Longitudinal Personalized Dynamics Among Anorexia Nervosa Symptoms, Core Dimensions, and Physiology Predicting Suicide Risk - PROJECT SUMMARY/ABSTRACT
Anorexia nervosa (AN) is a severe mental illness with the highest mortality rate of any psychiatric disorder, with
suicide as the second leading cause of death. Despite extremely high rates of suicide, risk factors for suicidal
ideation (SI) and behaviors/attempts (SA) in this high-risk population are not well understood. While there is
evidence that threat reactivity, stress-response, over-arousal, emotion dysregulation, and agitation contribute
to suicide risk, the dynamic relations among these processes have not been characterized on a
comprehensive, momentary basis. Our scientific premise, developed from our past work, is that the application
of ideation-to-action and network theories will enable the identification of dynamic longitudinal interactions
among core dimensions (e.g., arousal, threat), AN symptoms, and SI/SA both between and within individuals.
Our study goals are to (1) identify symptom and dimension risk interactions of co-occurring AN and SI/SA
between and within persons, (2) differentiate which risk factors predict SI vs SA and (3) test if these risk factors
predict onset of SI/SA. These goals will ultimately identify which factors should be targeted in novel prevention
and treatment efforts.
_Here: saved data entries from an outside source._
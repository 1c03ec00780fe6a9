-- ===== src/Netlist/Numbers/Growth.antt =====
-- The next number never falls (src/warptap/netlist.py).
use warptap.Base.{
  ℕ, ◌≤◌, List, Option, none, some, String, Result, ok, err, Option-cases, inl, inr, arith,
}
use warptap.Base.Exec.{continue}
use warptap.Base.Dicts.{lookup}
use warptap.Netlist.Data.{NetlistError, Edit, Value, Cell, Module, or_empty, Bit}
use warptap.Netlist.{
  each, new_wire, add_cell, connect, keep_wire, keep_cell, set_keep, add_port, detach_port,
  rename_port, set_module_attribute,
}
use warptap.Netlist.Numbers.{alloc_bits-fresh}
use warptap.Netlist.Numbers.Ports.{detach_port-detached}
use warptap.Netlist.Numbers.Edits.{
  Call, wire_call, cell_call, connect_call, keep_call, port_call, detach_call, rename_call,
  attribute_call, perform,
}

-- The module has a next number that is not below the first one.
abbrev Grown : ℕ → Module → Type 0
Grown n m = n ≤ m.next_bit

new_wire-le :
    (width : ℕ) (name : Option String) (attributes : List (String × Value)) (m : Module)
    → Grown m.next_bit (new_wire width name attributes m).1
unfolding new_wire
new_wire-le width none attributes m = rw (alloc_bits-fresh width m) (omega arith)
new_wire-le width (some name) attributes m = rw (alloc_bits-fresh width m) (omega arith)

add_cell-le : (name : String) (cell : Cell) (m : Module) → Grown m.next_bit (add_cell name cell m).1
unfolding add_cell
add_cell-le name cell m = elim (Option-cases (lookup (or_empty m.cells) name)) [
  | inl absent ↦ rw absent (omega arith)
  | inr (old, e) ↦ rw e (omega arith)
]

connect-le :
    (name port : String) (bits : List Bit) (m : Module)
    → Grown m.next_bit (connect name port bits m).1
unfolding connect
connect-le name port bits m = elim (Option-cases (lookup (or_empty m.cells) name)) [
  | inl absent ↦ rw absent (omega arith)
  | inr (cell, e) ↦ rw e (omega arith)
]

keep_wire-le : (n : ℕ) (name : String) (m : Module) → Grown n m → Grown n (keep_wire name m).1
unfolding keep_wire
keep_wire-le n name m h = elim (Option-cases (lookup (or_empty m.netnames) name)) [
  | inl absent ↦ rw absent h
  | inr (entry, e) ↦ rw e h
]

keep_cell-le : (n : ℕ) (name : String) (m : Module) → Grown n m → Grown n (keep_cell name m).1
unfolding keep_cell
keep_cell-le n name m h = elim (Option-cases (lookup (or_empty m.cells) name)) [
  | inl absent ↦ rw absent h
  | inr (cell, e) ↦ rw e h
]

each-le :
    (n : ℕ) (f : String → Edit (Unit {0})) (name : Option String) (m : Module)
    → ((name : String) (m : Module) → Grown n m → Grown n (f name m).1)
    → Grown n m
    → Grown n (each f name m).1
each-le n f none m keeps h = h
each-le n f (some name) m keeps h = keeps name m h

continue-le :
    {A B : Type 0} (n : ℕ) (f : A → Edit B) (r : Result NetlistError A) (m : Module)
    → ((a : A) → Grown n (f a m).1)
    → Grown n m
    → Grown n (continue f (r, m)).1
continue-le n f (ok a) m keeps h = keeps a
continue-le n f (err e) m keeps h = h

set_keep-le :
    (wire_name cell_name : Option String) (m : Module)
    → Grown m.next_bit (set_keep wire_name cell_name m).1
unfolding set_keep
set_keep-le wire_name cell_name m =
    let n = m.next_bit in
    let first = each keep_wire wire_name m in
    let kept : Grown n first.1 = each-le n keep_wire wire_name m (keep_wire-le n) (omega arith) in
    continue-le n (λ u. each keep_cell cell_name) first.0 first.1
      (λ u. each-le n keep_cell cell_name first.1 (keep_cell-le n) kept) kept

add_port-le :
    (name direction : String) (width : ℕ) (m : Module)
    → Grown m.next_bit (add_port name direction width m).1
unfolding add_port
add_port-le name direction width m =
    let there = record m { ports = some (or_empty m.ports) } in
    elim (Option-cases (lookup (or_empty m.ports) name)) [
      | inl absent ↦ rw (absent, alloc_bits-fresh width there) (omega arith)
      | inr (port, e) ↦ rw e (omega arith)
    ]

detach_port-le : (name : String) (m : Module) → Grown m.next_bit (detach_port name m).1
detach_port-le name m = elim (Option-cases (lookup (or_empty m.ports) name)) [
  | inl absent ↦ unfold detach_port in rw absent (omega arith)
  | inr (port, e) ↦ rw (detach_port-detached name port m e) (omega arith)
]

rename_port-le : (old new : String) (m : Module) → Grown m.next_bit (rename_port old new m).1
unfolding rename_port
rename_port-le old new m =
    let ports = or_empty m.ports in
    elim (Option-cases (lookup ports old)) [
      | inl absent ↦ rw absent (omega arith)
      | inr (port, e) ↦ elim (Option-cases (lookup ports new)) [
        | inl free ↦ rw (e, free) (omega arith)
        | inr (taken, e') ↦ rw (e, e') (omega arith)
      ]
    ]

pub perform-le : (call : Call) (m : Module) → Grown m.next_bit (perform call m)
unfolding perform
perform-le (wire_call width name attributes) m = new_wire-le width name attributes m
perform-le (cell_call name cell) m = add_cell-le name cell m
perform-le (connect_call cell port bits) m = connect-le cell port bits m
perform-le (keep_call wire_name cell_name) m = set_keep-le wire_name cell_name m
perform-le (port_call name direction width) m = add_port-le name direction width m
perform-le (detach_call name) m = detach_port-le name m
perform-le (rename_call old new) m = rename_port-le old new m
perform-le (attribute_call key value) m = unfold set_module_attribute in omega arith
We will use a multiple units of analysis approach, combined with novel, cutting-edge
advances in suicide and network science. We will collect intensive real-time data on AN and suicide behaviors,
anxiety, over-arousal, emotion regulation, and agitation using mobile technology, as well as
psychophysiological assessment of emotion regulation (via heart-rate variability) and arousal (via
electrodermal activity characterizing over-arousal and acceleration characterizing the sleep-wake cycle), from
230 individuals with a diagnosis of AN/Atypical AN (AAN). At 1-month, 6-month, and one year follow-up we will
test if individual risk factors predict SI/SA. We expect 35-58 participants will have SA across our study period.
Specific aims are to (1) test which symptoms and dimensions across time and between-persons maintain
comorbid SI/SA and AN symptoms, (2) develop personalized network models to identify which suicide and AN
features predict SI/SA within individuals and an exploratory aim (3) to test if there are differences between AN
and AAN. The proposed research uses highly innovative methods, combining intensive longitudinal data
collection methods, measurement of physiological data via wearable sensor technology, and novel advances in
network science to answer previously unresolvable questions pinpointing which individual risk factors
contribute to suicide outcomes. The proposed research has clinical impact. If we identify patterns that
contribute to suicide risk, these data will provide a model of personalized medicine for the entire field of
psychiatry, as well as providing novel intervention targets to prevent and treat AN spectrum illnesses.
Additionally, the algorithms we develop can be used in both (a) clinician friendly software to identify treatment
targets to prevent SI/SA and (b) in wearable alert devices that can disrupt SA before it occurs.